Data for analysis =

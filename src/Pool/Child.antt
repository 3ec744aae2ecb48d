-- ===== src/Pool/Child.antt =====
-- The worker process: `_worker_loop` and `_restore_parent_import_path`. It runs the executor of
-- infly/runtime/executor.py on the handlers of its group.
use infly.Prelude.{
  ℕ, Bool, true, false, Option, none, some, String, List, [], ◌∷◌, ◌++◌, ite, text_dec,
  if◌then◌else◌,
}
use infly.Prelude.Exec.{Result, ok, raise}
use infly.Core.Errors.{Exception, message_of, Outcome}
use infly.Core.Contracts.{TaskRequest, TaskResult}
use infly.Handlers.{HandlerDefinition}
use infly.Registry.{HandlerRegistry}
use infly.Loader.{Imports}
use infly.Executor
use infly.Executor.{Executor, preload, execute}
use infly.Pool.Messages.{WorkerLifecycleMessage, WorkerResultMessage, reply_of}

unfoldable pub is_entry : String → List String → Bool
is_entry s [] = false
is_entry s (x ∷ xs) = let rest = is_entry s xs in ite (text_dec x s) true rest

-- The entries of the parent's path that the child's does not have.
unfoldable pub missing_entries :
    (parent_cwd : String) (path parent_sys_path : List String) → List String
unfolding is_entry
missing_entries parent_cwd path [] = []
missing_entries parent_cwd path (entry ∷ entries) =
    let absolute_entry = ite (text_dec entry "") parent_cwd entry in
    let rest = missing_entries parent_cwd path entries in
    if is_entry absolute_entry path then rest else absolute_entry ∷ rest

-- `_restore_parent_import_path`: the new `sys.path`.
unfoldable pub restore_parent_import_path :
    (parent_sys_path : List String) (parent_cwd : String) (path : List String) → List String
unfolding missing_entries
restore_parent_import_path parent_sys_path parent_cwd path =
    missing_entries parent_cwd path parent_sys_path ++ path

module _ (cache_key : HandlerDefinition → Outcome String) (imports : Imports) (worker_id : String)
    (generation : ℕ) where
  unfoldable pub ready_message : WorkerLifecycleMessage
  ready_message = record {
    kind = "READY";
    worker_id = worker_id;
    generation = generation;
    error_message = none;
  }

  unfoldable pub startup_failed_message : Exception → WorkerLifecycleMessage
  unfolding message_of
  startup_failed_message exc = record {
    kind = "STARTUP_FAILED";
    worker_id = worker_id;
    generation = generation;
    error_message = some (message_of exc);
  }

  unfoldable pub started :
      Result Exception (Unit {0}) × Executor → WorkerLifecycleMessage × Option Executor
  unfolding ready_message startup_failed_message
  started (ok t, e) = (ready_message, some e)
  started (raise exc, e) = (startup_failed_message exc, none)

  -- The start: the message, and the executor if there was no exception.
  unfoldable pub start_up : HandlerRegistry → WorkerLifecycleMessage × Option Executor
  unfolding started preload Executor.init
  start_up registry = started (preload cache_key imports (Executor.init registry))

  unfoldable pub result_message : TaskRequest → Outcome TaskResult → WorkerResultMessage
  unfolding reply_of
  result_message request outcome = record {
    task_id = request.task_id;
    worker_id = worker_id;
    generation = generation;
    reply = reply_of outcome;
  }

  -- `while True: request = task_queue.get()` over what the queue gives: the results that are put,
  -- up to the `None` that stops the worker. `dies` says at which requests the process ends with no
  -- message: it is killed, or the handler raises a `SystemExit`, which is no `Exception`.
  unfoldable pub serve :
      (dies : TaskRequest → Bool)
      → List (Option TaskRequest)
      → Executor
      → List WorkerResultMessage × Executor
  unfolding result_message execute
  serve dies [] e = ([], e)
  serve dies (none ∷ items) e = ([], e)
  serve dies (some request ∷ items) e =
      let (outcome, e') = execute cache_key imports request e in
      let (messages, e'') = serve dies items e' in
      if dies request then ([], e) else (result_message request outcome ∷ messages, e'')
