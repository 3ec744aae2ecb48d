-- ===== src/Pool/Closing.antt =====
-- `close` and `health_snapshot`.
use infly.Prelude.{
  ℕ, suc, ◌-◌, Bool, true, false, not, ◌&&◌, ◌||◌, none, List, [], ◌∷◌, ◌==◌, length, is_some,
  if◌then◌else◌,
}
use infly.Dict.{Dict, values}
use infly.Core.Errors.{Exception, platform_error, internal_error}
use infly.Config.{WorkerGroup}
use infly.Observability.{HealthStatus, healthy, degraded, down}
use infly.Pool.State.{Pool, Worker, System}
use infly.Pool.Routing.{is_live, is_in_group}
use infly.Prelude.Exec.{ok, raise}
use infly.Core.Errors.{Outcome, Action}
use infly.Pool.Supervision.{
  process_closed_error, stop_process, stop_workers, map_workers, fail_all_pending,
}

-- The first lock of `close`.
unfoldable pub begin_close : Pool → Pool
begin_close p = if p.close_complete then p else record p { accepting = false; closing = true }

-- `worker.process.is_alive()` in front of the stops; what it says has no effect here.
unfoldable pub ping_all : List Worker → Outcome (Unit {0})
ping_all [] = ok tt
ping_all (w ∷ ws) =
    let rest = ping_all ws in
    if w.has_process && w.process_closed then raise process_closed_error else rest

-- `_close_queues`
abbrev pub without_queue : Worker → Worker
without_queue w = record w { task_queue = none }

abbrev pub closed_early : Exception
closed_early = platform_error internal_error "ProcessPoolStrategy closed before request completed"

-- The end of `close`, behind the stops.
unfoldable pub complete_close : Pool → Pool
unfolding map_workers fail_all_pending
complete_close p =
    let q = fail_all_pending closed_early p in
    record q { workers = map_workers without_queue q.workers; close_complete = true }

unfoldable pub closed_down : Outcome (Unit {0}) × Pool → Outcome (Unit {0}) × Pool
unfolding complete_close
closed_down (raise e, p) = (raise e, p)
closed_down (ok t, p) = (ok tt, complete_close p)

unfoldable pub stop_pinged : System → Outcome (Unit {0}) → Action Pool (Unit {0})
unfolding stop_process stop_workers closed_down
stop_pinged sys (raise e) p = (raise e, p)
stop_pinged sys (ok t) p = closed_down (stop_workers (stop_process sys) p)

-- `close` behind its first lock.
unfoldable pub finish_close : System → Action Pool (Unit {0})
unfolding ping_all stop_pinged
finish_close sys p = stop_pinged sys (ping_all (values p.workers)) p

-- `close`, with no other call between its parts.
unfoldable pub close : System → Action Pool (Unit {0})
unfolding begin_close finish_close
close sys p = if p.close_complete then (ok tt, p) else finish_close sys (begin_close p)

unfoldable pub count_workers : (Worker → Bool) → List Worker → ℕ
count_workers test [] = 0
count_workers test (w ∷ ws) = let rest = count_workers test ws in if test w then suc rest else rest

pub record GroupHealth : Type 0 where
  pub configured_processes : ℕ
  pub alive_workers : ℕ
  pub accepting : Bool

-- The detail of the snapshot, with what stands beside it.
pub record PoolHealthSnapshot : Type 0 where
  pub status : HealthStatus
  pub accepting : Bool
  pub total_workers : ℕ
  pub alive_workers : ℕ
  pub restarting_workers : ℕ
  pub degraded_workers : ℕ
  pub groups : Dict GroupHealth

unfoldable pub group_health : System → Pool → Dict WorkerGroup → Dict GroupHealth
unfolding is_live is_in_group count_workers
group_health sys p [] = []
group_health sys p ((name, group) ∷ groups) =
    (
      name,
      record {
        configured_processes = group.process_count;
        alive_workers = count_workers (λ w. is_in_group name w && is_live sys w) (values p.workers);
        accepting = p.accepting;
      },
    )
    ∷ group_health sys p groups

-- `health_snapshot`. What is left of a negative number is 0 by `max`, as a difference of natural
-- numbers is.
unfoldable pub health_snapshot : System → Pool → PoolHealthSnapshot
unfolding is_live count_workers group_health
health_snapshot sys p =
    let workers = values p.workers in
    let total = length workers in
    let alive = count_workers (is_live sys) workers in
    let restarting = count_workers (λ w. is_some w.next_restart_at) workers in
    record {
      status =
          if total == 0 || p.close_complete || (not p.accepting && alive == 0)
          then down
          else if alive == total
          then healthy
          else degraded;
      accepting = p.accepting;
      total_workers = total;
      alive_workers = alive;
      restarting_workers = restarting;
      degraded_workers = total - alive - restarting;
      groups = group_health sys p p.groups;
    }
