-- ===== src/Pool/Results.antt =====
-- `_result_loop`: what one result does.
use infly.Prelude.{ℕ, ◌-◌, Bool, false, Option, none, some, ltb, if◌then◌else◌}
use infly.Dict.{Dict, get, insert, remove}
use infly.Core.Errors.{Outcome}
use infly.Core.Contracts.{TaskResult}
use infly.Pool.State.{Pool, Worker, Assignment, same_assignment, Promises, settle_once}
use infly.Pool.Messages.{WorkerResultMessage, outcome_of}

-- `worker is not None and worker.outstanding > 0`
unfoldable pub release_worker : Option Worker → Dict Worker → Dict Worker
release_worker none workers = workers
release_worker (some w) workers =
    if ltb 0 w.outstanding
    then insert w.worker_id (record w { outstanding = w.outstanding - 1 }) workers
    else workers

unfoldable pub settle_found : Option ℕ → Outcome TaskResult → Promises → Promises
unfolding settle_once
settle_found none outcome ps = ps
settle_found (some future) outcome ps = settle_once future outcome ps

-- The result is that of the assignment: the task is taken out, and its future is set.
unfoldable pub accept_result : WorkerResultMessage → Pool → Pool
unfolding release_worker settle_found outcome_of
accept_result item p = record p {
  assignments = remove item.task_id p.assignments;
  futures = remove item.task_id p.futures;
  workers = release_worker (get item.worker_id p.workers) p.workers;
  promises = settle_found (get item.task_id p.futures) (outcome_of item.reply) p.promises;
}

abbrev pub is_assignment : Option Assignment → WorkerResultMessage → Bool
is_assignment none item = false
is_assignment (some a) item =
    same_assignment a (record { worker_id = item.worker_id; generation = item.generation })

-- A result of another assignment than the present one is ignored.
unfoldable pub receive_result : WorkerResultMessage → Pool → Pool
unfolding accept_result same_assignment
receive_result item p =
    if is_assignment (get item.task_id p.assignments) item then accept_result item p else p
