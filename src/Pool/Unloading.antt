-- ===== src/Pool/Unloading.antt =====
-- `unregister_worker_group`.
use infly.Prelude.{
  ℕ, Bool, true, false, ◌||◌, Option, none, some, String, List, [], ◌∷◌, ◌++◌, text_dec, ite,
  if◌then◌else◌,
}
use infly.Prelude.Exec.{ok, raise}
use infly.Prelude.Text.{◌⊕◌}
use infly.Dict.{Dict, get, insert, remove, contains, values}
use infly.Core.Errors.{
  Exception, platform_error, not_found, worker_unavailable, value_error, key_error, Outcome, Action,
}
use infly.Prelude.{◌&&◌}
use infly.Pool.Supervision.{process_closed_error, stop_process}
use infly.Pool.State.{
  System, abandon, Pool, Worker, or_empty, closed_error, with_promises, fail_futures,
}
use infly.Pool.Routing.{is_in_group}
use infly.Pool.Assignment.{remove_first}
use infly.Pool.Supervision.{Taken, take_worker_futures}

-- The names of `handler_names` no longer lead to the group; a name with no group is dropped.
unfoldable pub set_or_drop :
    (handler_name : String) → List String → Dict (List String) → Dict (List String)
set_or_drop h [] d = remove h d
set_or_drop h (g ∷ gs) d = insert h (g ∷ gs) d

unfoldable pub is_listed : String → List String → Bool
is_listed name [] = false
is_listed name (x ∷ xs) = let rest = is_listed name xs in ite (text_dec x name) true rest

-- `groups.remove(group_name)` raises where the name is not there, and the `defaultdict` then has
-- the list that was read.
unfoldable pub unlink_group :
    (group_name : String) → List String → Action (Dict (List String)) (Unit {0})
unfolding set_or_drop is_listed remove_first
unlink_group group_name [] d = (ok tt, d)
unlink_group group_name (h ∷ hs) d =
    let listed = or_empty (get h d) in
    let rest = unlink_group group_name hs (set_or_drop h (remove_first group_name listed) d) in
    if is_listed group_name listed
    then rest
    else (raise (value_error "list.remove(x): x not in list"), insert h listed d)

-- What is left of the pool without one worker.
abbrev pub without_worker : Worker → Taken → Pool → Pool
without_worker w t p = record p {
  assignments = t.assignments;
  futures = t.futures;
  workers = remove w.worker_id p.workers;
}

unfoldable pub retire_worker : Worker → Pool → Pool × List ℕ
unfolding take_worker_futures
retire_worker w p = let t = take_worker_futures w p in (without_worker w t p, t.failed)

-- The loop over the workers of the group: the tables without them, and their futures.
unfoldable pub retire_workers : (group_name : String) → List Worker → Pool → Pool × List ℕ
unfolding is_in_group retire_worker
retire_workers group_name [] p = (p, [])
retire_workers group_name (w ∷ ws) p =
    let (p', failed) = if is_in_group group_name w then retire_worker w p else (p, []) in
    let (p'', others) = retire_workers group_name ws p' in (p'', failed ++ others)

abbrev pub unloaded_error : (group_name : String) → Exception
unloaded_error group_name =
    platform_error worker_unavailable ("WorkerGroup '" ⊕ group_name ⊕ "' was unloaded")

unfoldable pub fail_retired : (group_name : String) → Pool × List ℕ → Pool
unfolding fail_futures
fail_retired group_name (p, failed) =
    with_promises (fail_futures failed (unloaded_error group_name) p.promises) p

-- `_dispose_workers`, for one worker that has left the tables: `is_alive` and the stop raise when its
-- process is closed.
unfoldable pub dispose_worker : System → Worker → Outcome (Unit {0})
unfolding stop_process
dispose_worker sys w =
    if w.has_process && w.process_closed then raise process_closed_error else (stop_process sys w).0

-- `_dispose_workers`, for the workers of the group.
unfoldable pub dispose_workers : System → (group_name : String) → List Worker → Outcome (Unit {0})
unfolding is_in_group dispose_worker
dispose_workers sys group_name [] = ok tt
dispose_workers sys group_name (w ∷ ws) =
    let rest = dispose_workers sys group_name ws in
    if is_in_group group_name w
    then elim (dispose_worker sys w) [ raise e ↦ raise e | ok t ↦ rest ]
    else rest

-- The end of the method: the futures fail, or an exception of the stops leaves them as they are.
unfoldable pub settle_retired :
    (group_name : String) → Outcome (Unit {0}) → Pool × List ℕ → Outcome (Unit {0}) × Pool
unfolding fail_retired
settle_retired group_name (raise e) (p, failed) =
    (raise e, with_promises (abandon failed p.promises) p)
settle_retired group_name (ok t) (p, failed) = (ok tt, fail_retired group_name (p, failed))

-- Behind the changes of the routing tables.
unfoldable pub unload_workers :
    System
    → (group_name : String) → Outcome (Unit {0}) × Dict (List String)
    → Action Pool (Unit {0})
unfolding retire_workers dispose_workers settle_retired
unload_workers sys group_name (raise e, handler_groups) p =
    (raise e, record p { handler_groups = handler_groups })
unload_workers sys group_name (ok t, handler_groups) p =
    settle_retired group_name (dispose_workers sys group_name (values p.workers)) (
      retire_workers group_name (values p.workers) (record p {
        handler_groups = handler_groups;
        group_cursors = remove group_name p.group_cursors;
        smooth_weights = remove group_name p.smooth_weights;
      }))

unfoldable pub unload_group :
    System → (group_name : String) → Option (List String) → Action Pool (Unit {0})
unfolding unlink_group unload_workers
unload_group sys group_name none p = (raise (key_error group_name), p)
unload_group sys group_name (some names) p =
    unload_workers sys group_name (unlink_group group_name names p.handler_groups)
      (record p { group_handlers = remove group_name p.group_handlers })

-- `unregister_worker_group`. The processes are stopped when their workers have left the tables.
unfoldable pub unregister_worker_group : System → (group_name : String) → Action Pool (Unit {0})
unfolding unload_group
unregister_worker_group sys group_name p =
    if p.closing || p.close_complete
    then (raise closed_error, p)
    else if contains group_name p.groups
    then unload_group sys group_name (get group_name p.group_handlers)
        (record p { groups = remove group_name p.groups })
    else (
      raise (platform_error not_found ("WorkerGroup '" ⊕ group_name ⊕ "' is not registered")),
      p,
    )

Exercise aim =
Reproduce each line, exactly as it appears, from the one that contains "raise (platform_error not_found" through the last line of the records. Add no other lines.

Output of the task =
      raise (platform_error not_found ("WorkerGroup '" ⊕ group_name ⊕ "' is not registered")),
      p,
    )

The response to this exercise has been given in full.